RNGkind(sample.kind = "Rounding")
## Warning in RNGkind(sample.kind = "Rounding"): non-uniform 'Rounding' sampler
## used
set.seed(100)
intrain <- sample(x = nrow(dummy), size = nrow(dummy)*0.8)
dummy_train <- dummy[intrain,]
dummy_test <- dummy[-intrain,]
glimpse(dummy)
## Rows: 705
## Columns: 22
## $ Survived.0 <dbl> 1, 0, 0, 0, 1, 1, 1, 0, 0, 0, 0, 1, 1, 1, 0, 1, 1, 1, 0…
## $ Survived.1 <dbl> 0, 1, 1, 1, 0, 0, 0, 1, 1, 1, 1, 0, 0, 0, 1, 0, 0, 0, 1…
## $ Pclass.1 <dbl> 0, 1, 0, 1, 0, 1, 0, 0, 0, 0, 1, 0, 0, 0, 0, 0, 0, 0, 0…
## $ Pclass.2 <dbl> 0, 0, 0, 0, 0, 0, 0, 0, 1, 0, 0, 0, 0, 0, 1, 0, 0, 1, 1…
## $ Pclass.3 <dbl> 1, 0, 1, 0, 1, 0, 1, 1, 0, 1, 0, 1, 1, 1, 0, 1, 1, 0, 0…
## $ Sex.0 <dbl> 1, 0, 0, 0, 1, 1, 1, 0, 0, 0, 0, 1, 1, 0, 0, 1, 0, 1, 1…
## $ Sex.1 <dbl> 0, 1, 1, 1, 0, 0, 0, 1, 1, 1, 1, 0, 0, 1, 1, 0, 1, 0, 0…
## $ Age..25.years <dbl> 1, 0, 0, 0, 0, 0, 1, 0, 1, 1, 0, 1, 0, 1, 0, 1, 0, 0, 0…
## $ Age.65.years <dbl> 0, 0, 0, 0, 0, 0, 0, 0, 0, 0, 0, 0, 0, 0, 0, 0, 0, 0, 0…
## $ Age25.34.years <dbl> 0, 0, 1, 0, 0, 0, 0, 1, 0, 0, 0, 0, 0, 0, 0, 0, 1, 0, 1…

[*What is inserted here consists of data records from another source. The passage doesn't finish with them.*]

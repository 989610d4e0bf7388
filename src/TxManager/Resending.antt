-- ===== src/TxManager/Resending.antt =====
-- What `resendTransaction` of src/TransactionManager.ts signs, stores and broadcasts, and the loop
-- over it.
use rif_relay_server.Base.{
  ℕ, ◌≡◌, sym, ap, subst, ◌∙◌, true, some, List, [], ◌∷◌, ◌++◌, Text, lower, if◌then◌else◌,
}
use rif_relay_server.Stored.{StoredTransaction, NonceSigner, eq_key, create_stored_transaction}
use rif_relay_server.Outcome.{ok, >>=-eq-ok}
use rif_relay_server.Keys.{SignedTransactionDetails}
use rif_relay_server.Keys.Signed.{IsSigned, sign_transaction-IsSigned}
use rif_relay_server.TxStore.{stamp, key_of}
use rif_relay_server.TxStore.Writes.{Writes, put_tx-Writes}
use rif_relay_server.TxManager.{
  Env, World, attempt_metadata, resend_request, resend_transaction, update_transaction_with_attempt,
  key_manager,
}
use rif_relay_server.TxManager.Nonces.{called}
use rif_relay_server.TxManager.Steps.{call-eq-ok, lift-eq-ok, on_store-eq-ok}
use rif_relay_server.TxManager.Sending.{
  logged, broadcast_transaction_lem, broadcast_transaction-eq-ok,
}
use rif_relay_server.TxManager.Boost.{resend_each}

module _ {Store : Type 0} (env : Env Store) (height price : ℕ) where
  -- The record of a transaction that was sent again.
  abbrev pub resent_record : StoredTransaction → SignedTransactionDetails → StoredTransaction
  resent_record tx signed =
      create_stored_transaction (resend_request tx price)
        (attempt_metadata signed.tx_hash tx height)

  -- The transaction was signed again at the new price, its record was written over the old one and
  -- nowhere else, its raw form was broadcast, and the node answered with its hash.
  pub record IsResent (tx : StoredTransaction) (signed : SignedTransactionDetails)
      (w v : World Store) : Type 0 where
    pub signs :
        IsSigned env.wallets (key_manager env tx.from) tx.from (resend_request tx price) signed
    pub stored :
        (j : NonceSigner)
        → env.db.at j v.store ≡ (
            if eq_key (key_of (resent_record tx signed)) j
            then some (stamp (resent_record tx signed))
            else env.db.at j w.store)
    pub sent : v.broadcast ≡ w.broadcast ++ signed.signed_tx ∷ []
    pub call_number : ℕ
    pub hash : Text
    pub answered : env.node.send call_number signed.signed_tx ≡ some hash
    pub same_hash : lower hash ≡ lower signed.tx_hash

  resend_transaction-IsResent :
      (tx : StoredTransaction) (w v : World Store) (signed : SignedTransactionDetails)
      → resend_transaction env tx height price w ≡ (ok signed, v)
      → IsResent tx signed w v
  unfolding resend_transaction update_transaction_with_attempt
  resend_transaction-IsResent tx w v signed e =
      let (sg, signs, e1) = lift-eq-ok _ _ w e in
      let (_, s, put, e2) = on_store-eq-ok _ _ w e1 in
      let (count, counted, sent) = call-eq-ok _ _ _ e2 in
      let u : World Store = called (record w { store = s }) in
      let (hash, answered, same_hash, kept) = broadcast_transaction-eq-ok env sg signed u v sent in
      let after : v ≡ called (logged env u sg.signed_tx) =
        sym (ap (λ p. p.1) sent) ∙ broadcast_transaction_lem env sg u in
      let written : Writes env.db (resent_record tx sg) w.store (ok tt, s) =
        subst (Writes env.db (resent_record tx sg) w.store) put
          (put_tx-Writes env.db (resent_record tx sg) true w.store) in
      subst (λ r. IsResent tx r w v) (sym kept)
        (record {
          signs =
              sign_transaction-IsSigned env.wallets (key_manager env tx.from) tx.from
                (resend_request tx price) sg signs;
          stored = λ j. ap (λ x. env.db.at j x.store) after ∙ written.1 j;
          sent = ap (λ x. x.broadcast) after;
          call_number = u.calls;
          hash = hash;
          answered = answered;
          same_hash = same_hash;
        })

  -- The transactions were sent again one after the other, and the entries are theirs.
  pub data Resent
      : List StoredTransaction
        → List (Text × SignedTransactionDetails)
        → World Store
        → World Store
        → Type 0 where
    none_left : (w v : World Store) → w ≡ v → Resent [] [] w v
    resent :
        (tx : StoredTransaction) (signed : SignedTransactionDetails) (txs : List StoredTransaction)
        (boosted : List (Text × SignedTransactionDetails)) (w u v : World Store)
        → IsResent tx signed w u
        → Resent txs boosted u v
        → Resent (tx ∷ txs) ((tx.tx_id, signed) ∷ boosted) w v

  pub resend_each-Resent :
      (txs : List StoredTransaction) (w v : World Store)
      (boosted : List (Text × SignedTransactionDetails))
      → resend_each env txs height price w ≡ (ok boosted, v)
      → Resent txs boosted w v
  unfolding resend_each
  resend_each-Resent [] w v boosted e =
      let same : [] ≡ boosted = cc in
      subst (λ l. Resent [] l w v) same (none_left w v (ap (λ p. p.1) e))
  resend_each-Resent (tx ∷ txs) w v boosted e =
      let (signed, u, again, e1) = >>=-eq-ok _ _ w e in
      let (later, t, rest, e2) = >>=-eq-ok _ _ u e1 in
      let same : (tx.tx_id, signed) ∷ later ≡ boosted = cc in
      let left : t ≡ v = ap (λ p. p.1) e2 in
      subst (λ l. Resent (tx ∷ txs) l w v) same
        (resent tx signed txs later w u v (resend_transaction-IsResent tx w u signed again)
          (subst (λ x. Resent txs later u x) left (resend_each-Resent txs u t later rest)))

## $ Age35.44.years <dbl> 0, 1, 0, 1, 1, 0, 0, 0, 0, 0, 0, 0, 1, 0, 0, 0, 0, 1, 0…
## $ Age45.54.years <dbl> 0, 0, 0, 0, 0, 1, 0, 0, 0, 0, 0, 0, 0, 0, 0, 0, 0, 0, 0…
## $ Age55.64.years <dbl> 0, 0, 0, 0, 0, 0, 0, 0, 0, 0, 1, 0, 0, 0, 1, 0, 0, 0, 0…
## $ SibSp.0 <dbl> 0, 0, 1, 0, 1, 1, 0, 1, 0, 0, 1, 1, 0, 1, 1, 0, 0, 1, 1…
## $ SibSp.1 <dbl> 1, 1, 0, 1, 0, 0, 0, 0, 1, 1, 0, 0, 1, 0, 0, 0, 1, 0, 0…
## $ SibSp.2 <dbl> 0, 0, 0, 0, 0, 0, 0, 0, 0, 0, 0, 0, 0, 0, 0, 0, 0, 0, 0…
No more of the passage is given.